Mostly, I'm interested in stories of others who've been in similar situations.
Also, your suggestion implies enlisting the help of a lawyer; if so, I'd
really rather have other options, since I don't have the... er, required
financial capacity to do that at the moment. (Plus, is it even worth it to
involve lawyers in something like this?)

------
helen842000
What contact has been made with the company?

Evidently they never expected for the use of your resume to come to light.

They obviously want to use it! Why not drop them a mail and say you've seen
that they're using it. Advise them of their 'choices', if they want to
continue using it they need to add a disclaimer to confirm they have not hired
you, also include details of your (very large) fee for continued use.

Alternatively they can remove it and just pay a reduced fee for the time they
have used it so far. After all, they have no affiliation with you - they are
just using it as 'artwork' for which you should be paid.
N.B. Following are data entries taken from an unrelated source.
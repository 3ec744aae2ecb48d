-- ===== src/Pool/Groups.antt =====
-- The registration of a group of workers: `register_worker_group`.
use infly.Prelude.{
  ℕ, zero, suc, ◌+◌, true, false, not, ◌||◌, none, String, List, [], ◌∷◌, ◌++◌, if◌then◌else◌,
}
use infly.Prelude.Exec.{ok, raise}
use infly.Prelude.Text.{◌⊕◌, decimal}
use infly.Dict.{Dict, get, insert, contains}
use infly.Core.Errors.{Exception, platform_error, internal_error, message_of, Outcome, Action}
use infly.Config.{WorkerGroup}
use infly.Handlers.{HandlerDefinition}
use infly.Registry
use infly.Registry.{HandlerRegistry}
use infly.Pool.State.{Pool, Worker, or_empty, closed_error}
use infly.Pool.Launch.{launch_worker}

infixl 5 ◌>>=◌ ◌>>◌
abbrev pub ◌>>=◌ : {A B : Type 0} → Outcome A → (A → Outcome B) → Outcome B
ok a >>= f = f a
raise e >>= f = raise e

abbrev pub ◌>>◌ : {B : Type 0} → Outcome (Unit {0}) → Outcome B → Outcome B
m >> k = m >>= λ _. k

abbrev handler_names_of : List HandlerDefinition → List String
handler_names_of [] = []
handler_names_of (d ∷ ds) = d.handler_name ∷ handler_names_of ds

-- `tuple(group.handlers) if group.handlers else all_handler_names`
unfoldable pub names_for : List String → HandlerRegistry → List String
unfolding Registry.list
names_for [] registry = handler_names_of (Registry.list none registry)
names_for (h ∷ hs) registry = h ∷ hs

abbrev found_or : Exception → Outcome HandlerDefinition → Outcome (Unit {0})
found_or e (ok d) = ok tt
found_or e (raise x) = raise e

unfoldable pub check_handlers :
    (group_name : String) → HandlerRegistry → List String → Outcome (Unit {0})
unfolding Registry.get
check_handlers group_name registry [] = ok tt
check_handlers group_name registry (h ∷ hs) =
    found_or
      (platform_error internal_error
        ("WorkerGroup '" ⊕ group_name ⊕ "' references missing handler '" ⊕ h ⊕ "'"))
      (Registry.get h registry)
    >> check_handlers group_name registry hs

-- `_resolve_group_handlers`
unfoldable pub resolve_group_handlers : HandlerRegistry → WorkerGroup → Outcome (List String)
unfolding names_for check_handlers
resolve_group_handlers registry group = do
  check_handlers group.name registry (names_for group.handlers registry)
  ok (names_for group.handlers registry)

-- `f"{group.name}_R{index}"`
abbrev pub worker_name : String → ℕ → String
worker_name group_name index = group_name ⊕ "_R" ⊕ decimal index

-- `_WorkerState(...)` with its defaults.
abbrev pub new_worker : (ident : ℕ) → WorkerGroup → List String → (index : ℕ) → Worker
new_worker ident group handler_names index = record {
  ident = ident;
  worker_id = worker_name group.name index;
  index = index;
  group = group;
  handler_names = handler_names;
  generation = 0;
  task_queue = none;
  has_process = false;
  process_closed = false;
  alive = false;
  outstanding = 0;
  restart_times = [];
  next_restart_at = none;
}

-- The workers with the indices from `index` on.
unfoldable pub new_workers :
    (ident : ℕ) → WorkerGroup → List String → (index count : ℕ) → List Worker
unfolding decimal
new_workers ident group handler_names index zero = []
new_workers ident group handler_names index (suc count) =
    new_worker ident group handler_names index
    ∷ new_workers (ident + 1) group handler_names (index + 1) count

-- Each worker is launched.
unfoldable pub launch_all : HandlerRegistry → List Worker → Outcome (List Worker)
unfolding launch_worker
launch_all registry [] = ok []
launch_all registry (w ∷ ws) = do
  w' ← launch_worker registry w
  ws' ← launch_all registry ws
  ok (w' ∷ ws')

-- Each worker is waited for, in turn, and then is alive.
unfoldable pub await_all : (Worker → Outcome (Unit {0})) → List Worker → Outcome (List Worker)
await_all ready [] = ok []
await_all ready (w ∷ ws) = do
  ready w
  ws' ← await_all ready ws
  ok (record w { alive = true } ∷ ws')

unfoldable pub put_workers : List Worker → Dict Worker → Dict Worker
put_workers [] workers = workers
put_workers (w ∷ ws) workers = put_workers ws (insert w.worker_id w workers)

-- `for handler_name in handler_names: self._handler_groups[handler_name].append(group.name)`
unfoldable pub append_group :
    (group_name : String) → List String → Dict (List String) → Dict (List String)
append_group group_name [] d = d
append_group group_name (h ∷ hs) d =
    append_group group_name hs (insert h (or_empty (get h d) ++ group_name ∷ []) d)

-- A group with its workers enters the tables.
unfoldable pub publish : WorkerGroup → List String → List Worker → Pool → Pool
unfolding append_group put_workers
publish group handler_names workers p = record p {
  groups = insert group.name group p.groups;
  group_handlers = insert group.name handler_names p.group_handlers;
  handler_groups = append_group group.name handler_names p.handler_groups;
  workers = put_workers workers p.workers;
}

-- `_ensure_group_can_be_registered_locked`
unfoldable pub ensure_can_register : (group_name : String) → Pool → Outcome (Unit {0})
ensure_can_register group_name p =
    if p.closing || p.close_complete || not p.accepting
    then raise closed_error
    else if contains group_name p.groups
    then raise
        (platform_error internal_error ("WorkerGroup '" ⊕ group_name ⊕ "' is already registered"))
    else ok tt

abbrev startup_failed : (group_name : String) → Outcome (List Worker) → Outcome (List Worker)
startup_failed group_name (ok ws) = ok ws
startup_failed group_name (raise e) = raise (
    platform_error internal_error
      ("WorkerGroup '" ⊕ group_name ⊕ "' startup failed: " ⊕ message_of e))

-- `register_worker_group` up to its last lock: the workers, launched and ready.
unfoldable pub prepare_group :
    (Worker → Outcome (Unit {0})) → WorkerGroup → Pool → Outcome (List String × List Worker)
unfolding resolve_group_handlers new_workers ensure_can_register launch_all await_all message_of
prepare_group ready group p = do
  names ← resolve_group_handlers p.registry group
  ensure_can_register group.name p
  workers ← startup_failed group.name (do
    launched ←
        launch_all p.registry (new_workers p.workers_created group names 0 group.process_count)
    await_all ready launched)
  ok (names, workers)

unfoldable pub published :
    WorkerGroup → List String → List Worker → Outcome (Unit {0}) → Action Pool (Unit {0})
unfolding publish
published group names workers (ok t) p = (ok tt, publish group names workers p)
published group names workers (raise e) p = (raise e, p)

-- The last part of `register_worker_group`.
unfoldable pub publish_group : WorkerGroup → List String → List Worker → Action Pool (Unit {0})
unfolding ensure_can_register published
publish_group group names workers p =
    published group names workers (ensure_can_register group.name p) p

unfoldable pub publish_prepared :
    WorkerGroup → Outcome (List String × List Worker) → Action Pool (Unit {0})
unfolding publish_group
publish_prepared group (raise e) p = (raise e, p)
publish_prepared group (ok (names, workers)) p = publish_group group names workers p

-- `register_worker_group`, with no other call between its parts.
unfoldable pub register_worker_group :
    (Worker → Outcome (Unit {0})) → WorkerGroup → Action Pool (Unit {0})
unfolding prepare_group publish_prepared
register_worker_group ready group p =
    publish_prepared group (prepare_group ready group p)
      (record p { workers_created = p.workers_created + group.process_count })
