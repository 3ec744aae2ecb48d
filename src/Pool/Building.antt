-- ===== src/Pool/Building.antt =====
-- The constructor of `ProcessPoolStrategy`.
use infly.Prelude.{zero, suc, ◌+◌, Bool, true, false, not, String, List, [], ◌∷◌}
use infly.Prelude.Exec.{ok, raise}
use infly.Prelude.Int.{ℤ, pos, negsuc}
use infly.Prelude.Text.{◌⊕◌}
use infly.Dict.{values}
use infly.Core.Errors.{Exception, platform_error, internal_error, message_of, Outcome}
use infly.Config.{WorkerGroup, has_duplicates}
use infly.Registry.{HandlerRegistry}
use infly.Pool.State.{Pool, Worker}
use infly.Pool.Groups.{
  await_all, launch_all, new_workers, publish, put_workers, resolve_group_handlers, ◌>>=◌, ◌>>◌,
}

-- The tables of a pool with no group.
abbrev pub empty_pool : HandlerRegistry → Pool
empty_pool registry = record {
  registry = registry;
  groups = [];
  group_handlers = [];
  handler_groups = [];
  workers = [];
  group_cursors = [];
  smooth_weights = [];
  futures = [];
  assignments = [];
  accepting = true;
  closing = false;
  close_complete = false;
  promises = record { created = 0; settled = []; abandoned = [] };
  workers_created = 0;
}

abbrev pub group_names_of : List WorkerGroup → List String
group_names_of [] = []
group_names_of (g ∷ gs) = g.name ∷ group_names_of gs

-- The loop of the constructor over the groups.
unfoldable pub add_groups : List WorkerGroup → Pool → Outcome Pool
unfolding resolve_group_handlers new_workers publish
add_groups [] p = ok p
add_groups (g ∷ gs) p = do
  names ← resolve_group_handlers p.registry g
  add_groups gs (
      publish g names (new_workers p.workers_created g names 0 g.process_count)
        (record p { workers_created = p.workers_created + g.process_count }))

abbrev pub is_positive : ℤ → Bool
is_positive (pos zero) = false
is_positive (pos (suc n)) = true
is_positive (negsuc n) = false

abbrev pub raise_if : Bool → Exception → Outcome (Unit {0})
raise_if true e = raise e
raise_if false e = ok tt

abbrev pub no_groups : List WorkerGroup → Bool
no_groups [] = true
no_groups (g ∷ gs) = false

-- The constructor, but for the wrapping of other exceptions than `PlatformError`.
unfoldable pub build :
    (Worker → Outcome (Unit {0}))
    → HandlerRegistry
    → List WorkerGroup
    → (startup_timeout : ℤ) → Outcome Pool
unfolding add_groups launch_all await_all put_workers has_duplicates
build ready registry groups startup_timeout = do
  raise_if (no_groups groups)
      (platform_error internal_error "ProcessPoolStrategy requires at least one worker group")
  raise_if (not (is_positive startup_timeout))
      (platform_error internal_error "startup_timeout_seconds must be greater than zero")
  raise_if (has_duplicates (group_names_of groups))
      (platform_error internal_error "WorkerGroup names must be unique")
  p ← add_groups groups (empty_pool registry)
  launched ← launch_all registry (values p.workers)
  workers ← await_all ready launched
  ok (record p { workers = put_workers workers p.workers })

abbrev pub wrapped : Outcome Pool → Outcome Pool
wrapped (ok p) = ok p
wrapped (raise (platform_error c m)) = raise (platform_error c m)
wrapped (raise e) =
    raise (platform_error internal_error ("Worker pool startup failed: " ⊕ message_of e))

-- `__init__`
unfoldable pub init :
    (Worker → Outcome (Unit {0}))
    → HandlerRegistry
    → List WorkerGroup
    → (startup_timeout : ℤ) → Outcome Pool
unfolding build message_of
init ready registry groups startup_timeout = wrapped (build ready registry groups startup_timeout)
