-- ===== src/Pool/Messages.antt =====
-- What the processes send, and the error codes in it.
use infly.Prelude.{ℕ, Option, none, some, String, ite, text_dec}
use infly.Prelude.Exec.{ok, raise}
use infly.Core.Errors.{
  Code, error_code, text_code, foreign_code, coded, ErrorCode, success, not_found,
  handler_not_found, overloaded, timeout, worker_unavailable, invalid_argument,
  invalid_configuration, invalid_state, invalid_request, internal_error, Exception, platform_error,
  message_of, code_value, Outcome,
}
use infly.Core.Contracts.{TaskResult}

-- `_dump_error_code`
unfoldable pub dump_error_code : Code → Code
unfolding code_value
dump_error_code (error_code c) = text_code (code_value c)
dump_error_code (text_code s) = text_code s
dump_error_code foreign_code = foreign_code

-- `ErrorCode(code)` for a text: the member with that value, if there is one.
unfoldable pub code_of_value : String → Option ErrorCode
code_of_value s = ite (text_dec s "OK") (some success) (
    ite (text_dec s "NOT_FOUND") (some not_found) (
      ite (text_dec s "HANDLER_NOT_FOUND") (some handler_not_found) (
        ite (text_dec s "OVERLOADED") (some overloaded) (
          ite (text_dec s "TIMEOUT") (some timeout) (
            ite (text_dec s "WORKER_UNAVAILABLE") (some worker_unavailable) (
              ite (text_dec s "INVALID_ARGUMENT") (some invalid_argument) (
                ite (text_dec s "INVALID_CONFIGURATION") (some invalid_configuration) (
                  ite (text_dec s "INVALID_STATE") (some invalid_state) (
                    ite (text_dec s "INVALID_REQUEST") (some invalid_request)
                      (ite (text_dec s "INTERNAL_ERROR") (some internal_error) none))))))))))

abbrev pub or_internal : Option ErrorCode → ErrorCode
or_internal none = internal_error
or_internal (some c) = c

-- `_load_error_code`
unfoldable pub load_error_code : Code → ErrorCode
unfolding code_of_value
load_error_code (error_code c) = c
load_error_code (text_code s) = or_internal (code_of_value s)
load_error_code foreign_code = internal_error

-- `ok`, with the payload that a worker then sends, or not `ok`.
pub data Reply : Type 0 where
  succeeded : (payload : TaskResult) → Reply
  failed : (code : Code) (error_message : Option String) → Reply

pub record WorkerResultMessage : Type 0 where
  pub task_id : String
  pub worker_id : String
  pub generation : ℕ
  pub reply : Reply

pub record WorkerLifecycleMessage : Type 0 where
  pub kind : String
  pub worker_id : String
  pub generation : ℕ
  pub error_message : Option String

-- `error_message or fallback`; an empty text counts as none.
unfoldable pub or_else : Option String → (fallback : String) → String
or_else none fallback = fallback
or_else (some s) fallback = ite (text_dec s "") fallback s

-- What the future of a result is set to.
unfoldable pub outcome_of : Reply → Outcome TaskResult
unfolding load_error_code or_else
outcome_of (succeeded payload) = ok payload
outcome_of (failed code error_message) =
    raise (platform_error (load_error_code code) (or_else error_message "Unknown worker error"))

-- `getattr(exc, "code", ErrorCode.INTERNAL_ERROR)`
unfoldable pub code_of : Exception → Code
code_of (platform_error c message) = error_code c
code_of (coded c message) = c
code_of _ = error_code internal_error

-- What a worker answers when the execution of a request has ended.
unfoldable pub reply_of : Outcome TaskResult → Reply
unfolding dump_error_code code_of message_of
reply_of (ok result) = succeeded result
reply_of (raise exc) = failed (dump_error_code (code_of exc)) (some (message_of exc))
I'd make sure the first contact with them is civil. they'll probably be sneaky
& just take it down but you never know, taking the official route & spelling
it out for them might produce benefits!

If they don't comply, you can always take it further. You can even say you
approached them reasonably!

------
nsantos
For context, here's an earlier G+ post with a bit more background:
[https://plus.google.com/u/0/109068543568522312611/posts/VcrF...](https://plus.google.com/u/0/109068543568522312611/posts/VcrFGfx5gpi)

------
ghurlman
I learned to add a Creative Commons notation & URL to the full license to
every copy of my resume I've handed out for years now. It won't prevent
spammers, but it does give easy grounds to get stuff like this pulled down.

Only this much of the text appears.